Les cryptos se sont échangées ces dernières semaines comme des actions technos. Avec les tensions en Ukraine et les hausses prochaines des taux d’intérêt de la Fed, les investisseurs s’en débarrassent pour d’autres valeurs refuges. Le bitcoin devrait alors traverser une période baissière étendue, un « crypto winter » comme on dit dans le milieu. Une sorte de période hivernale durant laquelle la technologie a cependant l’opportunité de s’améliorer et de trouver davantage d’applications, afin d’être encore plus largement adoptée.
Le bitcoin, les cryptomonnaies et la finance décentralisée ont parfois été considérés comme des valeurs-refuges en période de troubles sur les marchés, comme des actifs « décentralisés », précisément, des systèmes financiers. Mais depuis quelques mois, il s’est avéré que les cryptos étaient échangées comme les actions sur les marchés boursiers, en suivant l’actualité. Où se situe vraiment le bitcoin dans ces deux catégories de produit d’investissement? La question reste complexe et sujette à interprétation.
Actuellement, le bitcoin est plutôt considéré comme un produit d’investissement à forte croissance, plus risqué. De nombreux investisseurs le traitent comme des actions de la tech, qui ont connu un début d’année chamboulé. En temps incertains, les investisseurs vont plutôt chercher à se débarrasser de ces actions plus risquées et se tourner vers des valeurs réputées plus sûres.

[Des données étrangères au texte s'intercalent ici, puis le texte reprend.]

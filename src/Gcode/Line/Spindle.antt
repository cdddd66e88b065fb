-- ===== src/Gcode/Line/Spindle.antt =====
-- The spindle state of the g-code parser of grbl/gcode.c and the one that its calls have set.
use tele_handwriter.Base.{
  ℕ, ◌≡◌, inl, inr, refl, false, Bool-cases, Option-cases, Option, none, some, List, [], ◌∷◌, arith,
}
use tele_handwriter.Number.{Floats}
use tele_handwriter.Gcode.{Result, ok, fail, Block, Numbers}
use tele_handwriter.Gcode.Words.{parse_block}
use tele_handwriter.Gcode.State.{Arithmetic, Parser, Coords, Checked, Check, pass, refuse, unread}
use tele_handwriter.Gcode.Check.{is_jog, check_block}
use tele_handwriter.Gcode.Events.{
  Surroundings, Run, Event, wco_change, synchronize, feed_hold, realtime, restore_overrides,
  start_jog, set_spindle, set_coolant, report_message, mc_dwell, mc_line, mc_arc, mc_probe_cycle,
}
use tele_handwriter.Gcode.Execute.{
  first_run, execute_block, execute_jog_block, jog_execute, run_non_modal, run_motion, move,
  run_commands, run_program_flow, end_program,
}
use tele_handwriter.Gcode.Modes.{
  laser_flags, set_feed, set_spindle_speed, set_spindle_mode, set_coolant_mode, set_modes,
  set_tool_length, set_coord_system, spindle_sync, coolant_sync,
}
use tele_handwriter.Gcode.Line.{Outcome, after_check, after_words, gc_execute_line, parsed}

module _ {ℓ} {W : Type ℓ} where
  -- The spindle state that a call sets.
  abbrev sets_spindle : Event W → Option ℕ
  sets_spindle wco_change = none
  sets_spindle synchronize = none
  sets_spindle feed_hold = none
  sets_spindle realtime = none
  sets_spindle restore_overrides = none
  sets_spindle start_jog = none
  sets_spindle (set_spindle state rpm) = some state
  sets_spindle (set_coolant mode) = none
  sets_spindle (report_message code) = none
  sets_spindle (mc_dwell seconds) = none
  sets_spindle (mc_line target plan) = none
  sets_spindle (mc_arc target position offset plan radius first second linear clockwise) = none
  sets_spindle (mc_probe_cycle target plan flags) = none

  -- The spindle state after the calls, which was `start` before them.
  abbrev pub spindle_after : ℕ → List (Event W) → ℕ
  spindle_after start [] = start
  spindle_after start (e ∷ events) = elim (sets_spindle e) [
    | none ↦ spindle_after start events
    | some state ↦ state
  ]

module _ {ℓ} {W : Type ℓ} (arithmetic : Arithmetic W) (s : Surroundings W) (start : ℕ) where
  -- The calls of the run have left the spindle in the state that the parser has for it.
  abbrev Tracks : Run W → Type 0
  Tracks run = spindle_after start run.events ≡ run.gc.modal.spindle

  laser_flags-Tracks : (c : Checked W) (run : Run W) → Tracks run → Tracks (laser_flags s c run)
  unfolding laser_flags
  laser_flags-Tracks c run h = ground (arith, h)

  set_feed-Tracks : (c : Checked W) (run : Run W) → Tracks run → Tracks (set_feed c run)
  unfolding set_feed
  set_feed-Tracks c run h = ground (arith, h)

  set_spindle_speed-Tracks :
      (c : Checked W) (run : Run W) → Tracks run → Tracks (set_spindle_speed arithmetic s c run)
  unfolding set_spindle_speed spindle_sync
  set_spindle_speed-Tracks c run h = ground (arith, h)

  set_spindle_mode-Tracks :
      (c : Checked W) (run : Run W)
      → s.check_mode ≡ false
      → Tracks run
      → Tracks (set_spindle_mode s c run)
  unfolding set_spindle_mode spindle_sync
  set_spindle_mode-Tracks c run m h = ground (arith, m, h)

  set_coolant_mode-Tracks :
      (c : Checked W) (run : Run W) → Tracks run → Tracks (set_coolant_mode s c run)
  unfolding set_coolant_mode coolant_sync
  set_coolant_mode-Tracks c run h = ground (arith, h)

  settings-Tracks :
      (c : Checked W) (run : Run W)
      → Tracks run
      → Tracks (set_coord_system c (set_tool_length arithmetic c (set_modes c run)))
  unfolding set_modes set_tool_length set_coord_system
  settings-Tracks c run h = ground (arith, h)

  run_non_modal-Tracks :
      (c : Checked W) (run : Run W) → Tracks run → Tracks (run_non_modal arithmetic c run)
  unfolding run_non_modal
  run_non_modal-Tracks c run h = ground (arith, h)

  run_motion-Tracks : (c : Checked W) (run : Run W) → Tracks run → Tracks (run_motion s c run)
  unfolding run_motion move
  run_motion-Tracks c run h = ground (arith, h)

  run_commands-Tracks :
      (c : Checked W) (run : Run W)
      → s.check_mode ≡ false
      → Tracks run
      → Tracks (run_commands arithmetic s c run)
  unfolding run_commands
  run_commands-Tracks c run m h = run_motion-Tracks c _ (
      run_non_modal-Tracks c _ (
        settings-Tracks c _ (
          set_coolant_mode-Tracks c _ (
            set_spindle_mode-Tracks c _ m
              (set_spindle_speed-Tracks c _ (set_feed-Tracks c _ (laser_flags-Tracks c run h)))))))

  run_program_flow-Tracks :
      (c : Checked W) (run : Run W)
      → s.check_mode ≡ false
      → Tracks run
      → (run_program_flow arithmetic s c run).0 ≡ 0
      → Tracks (run_program_flow arithmetic s c run).1
  unfolding run_program_flow end_program
  run_program_flow-Tracks c run m h e = elim (Option-cases (run.coords 0)) [
    | inl unreadable ↦ ground (arith, m, h, e, unreadable)
    | inr (system, found) ↦ ground (arith, m, h, e, found)
  ]

  execute_jog_block-Tracks :
      (c : Checked W) (run : Run W) → Tracks run → Tracks (execute_jog_block arithmetic s c run).1
  unfolding execute_jog_block jog_execute
  execute_jog_block-Tracks c run h = ground (arith, h)

module _ {ℓ} {W : Type ℓ} (arithmetic : Arithmetic W) (s : Surroundings W) where
  -- The same for a whole line.
  abbrev Follows : Parser W → Outcome W → Type 0
  Follows gc o = spindle_after gc.modal.spindle o.events ≡ o.gc.modal.spindle

  execute_block-Follows :
      (coords : Coords W) (gc : Parser W) (c : Checked W)
      → s.check_mode ≡ false
      → (after_check arithmetic s coords gc (pass c)).status ≡ 0
      → Follows gc (after_check arithmetic s coords gc (pass c))
  unfolding after_check execute_block
  execute_block-Follows coords gc c m e =
      let first = first_run arithmetic coords gc c in
      let start = gc.modal.spindle in
      let jogged = execute_jog_block-Tracks arithmetic s start c first refl in
      let ready = run_commands-Tracks arithmetic s start c first m refl in
      let ends =
        run_program_flow-Tracks arithmetic s start c (run_commands arithmetic s c first) m ready in
      elim (Bool-cases (is_jog c)) [
        | inl jogs ↦ ground (arith, jogs, jogged)
        | inr runs ↦ let done = ends (ground (arith, runs, e)) in ground (arith, runs, done)
      ]

  checked-Follows :
      (coords : Coords W) (gc : Parser W) (m : Check (Checked W))
      → s.check_mode ≡ false
      → (after_check arithmetic s coords gc m).status ≡ 0
      → Follows gc (after_check arithmetic s coords gc m)
  unfolding after_check
  checked-Follows coords gc (pass c) m e = execute_block-Follows coords gc c m e
  checked-Follows coords gc (refuse status) m e = refl
  checked-Follows coords gc (unread i) m e = absurd (omega (arith, e))

  words-Follows :
      (coords : Coords W) (gc : Parser W) (line : List ℕ) (r : Result (Block W))
      → s.check_mode ≡ false
      → (after_words arithmetic s coords gc line r).status ≡ 0
      → Follows gc (after_words arithmetic s coords gc line r)
  unfolding after_words
  words-Follows coords gc line (fail status) m e = refl
  words-Follows coords gc line (ok b) m e =
      checked-Follows coords gc (check_block arithmetic coords gc (parsed gc line b)) m e

-- Outside the check mode, after a line of g-code that succeeds, the last state that its calls have
-- given the spindle is the state that the parser keeps for it, whatever commands the line combines.
pub gc_execute_line-Follows {ℓ} :
    {W : Type ℓ} (numbers : Numbers W) (floats : Floats W) (arithmetic : Arithmetic W)
    (s : Surroundings W) (coords : Coords W) (gc : Parser W) (line : List ℕ)
    → s.check_mode ≡ false
    → let o = gc_execute_line numbers floats arithmetic s coords gc line in
      o.status ≡ 0 → spindle_after gc.modal.spindle o.events ≡ o.gc.modal.spindle
unfolding gc_execute_line
gc_execute_line-Follows numbers floats arithmetic s coords gc line m e =
    words-Follows arithmetic s coords gc line (parse_block numbers floats gc.modal line) m e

Dans cette optique, deux éléments suscitent actuellement l’inquiétude des marchés : la possibilité de guerre en Ukraine et la possibilité de hausse des taux d’intérêt de la Fed de 0,5 point de pourcent, en mars. Tout comme pour les actions tech, le cours du Bitcoin devrait continuer à être influencé par les suites de ces éléments d’actualité.
Un sérieux indice est tombé ce vendredi soir: avec l’escalada vers un conflit entre l’Ukraine et la Russie, le bitcoin a chuté, là où l’or, valeur refuge par excellence, s’est renforcé.
« Devise apatride »
« Le bitcoin est considéré par certains comme une devise apatride, et il s’est effectivement bien comporté par le passé en cas de tensions géopolitiques. Nous pouvons donc nous attendre à une certaine demande en tant qu’actif refuge », explique Yuya Hasegawa, expert en marché des crypto pour la plateforme japonaise d’échange de cryptos Bitbank, à CNBC.
« Mais le changement de paradigme a rendu le bitcoin fragile à la volatilité des marchés boursiers américains, de sorte que les investisseurs en bitcoins pourraient ne pas être en mesure de se sentir à l’aise jusqu’à ce que la situation à la frontière entre la Russie et l’Ukraine commence à se stabiliser », continue-t-il.
Un long hiver
Même si depuis fin janvier le cours du bitcoin remonte, il est toujours de 10% en deçà de la valeur du début 2021, et 38% en dessous du pic atteint en novembre (près de 69.000 dollars). Avec le resserrement de vis de la part de la Fed, les actions tech, et par prolongement le bitcoin, devraient rester dans un marché baissier, un « hiver » (terme qui s’applique à un période de baisse prolongée) de quelques mois encore.
« Si nous sommes dans un marché baissier, nous verrons encore huit ou neuf mois de mouvements baissiers, ce qui donnera l’occasion aux touristes de quitter le marché et aux véritables acteurs de continuer à développer cette technologie », analyse Chris King, CEO de Eaglebrook Advisors.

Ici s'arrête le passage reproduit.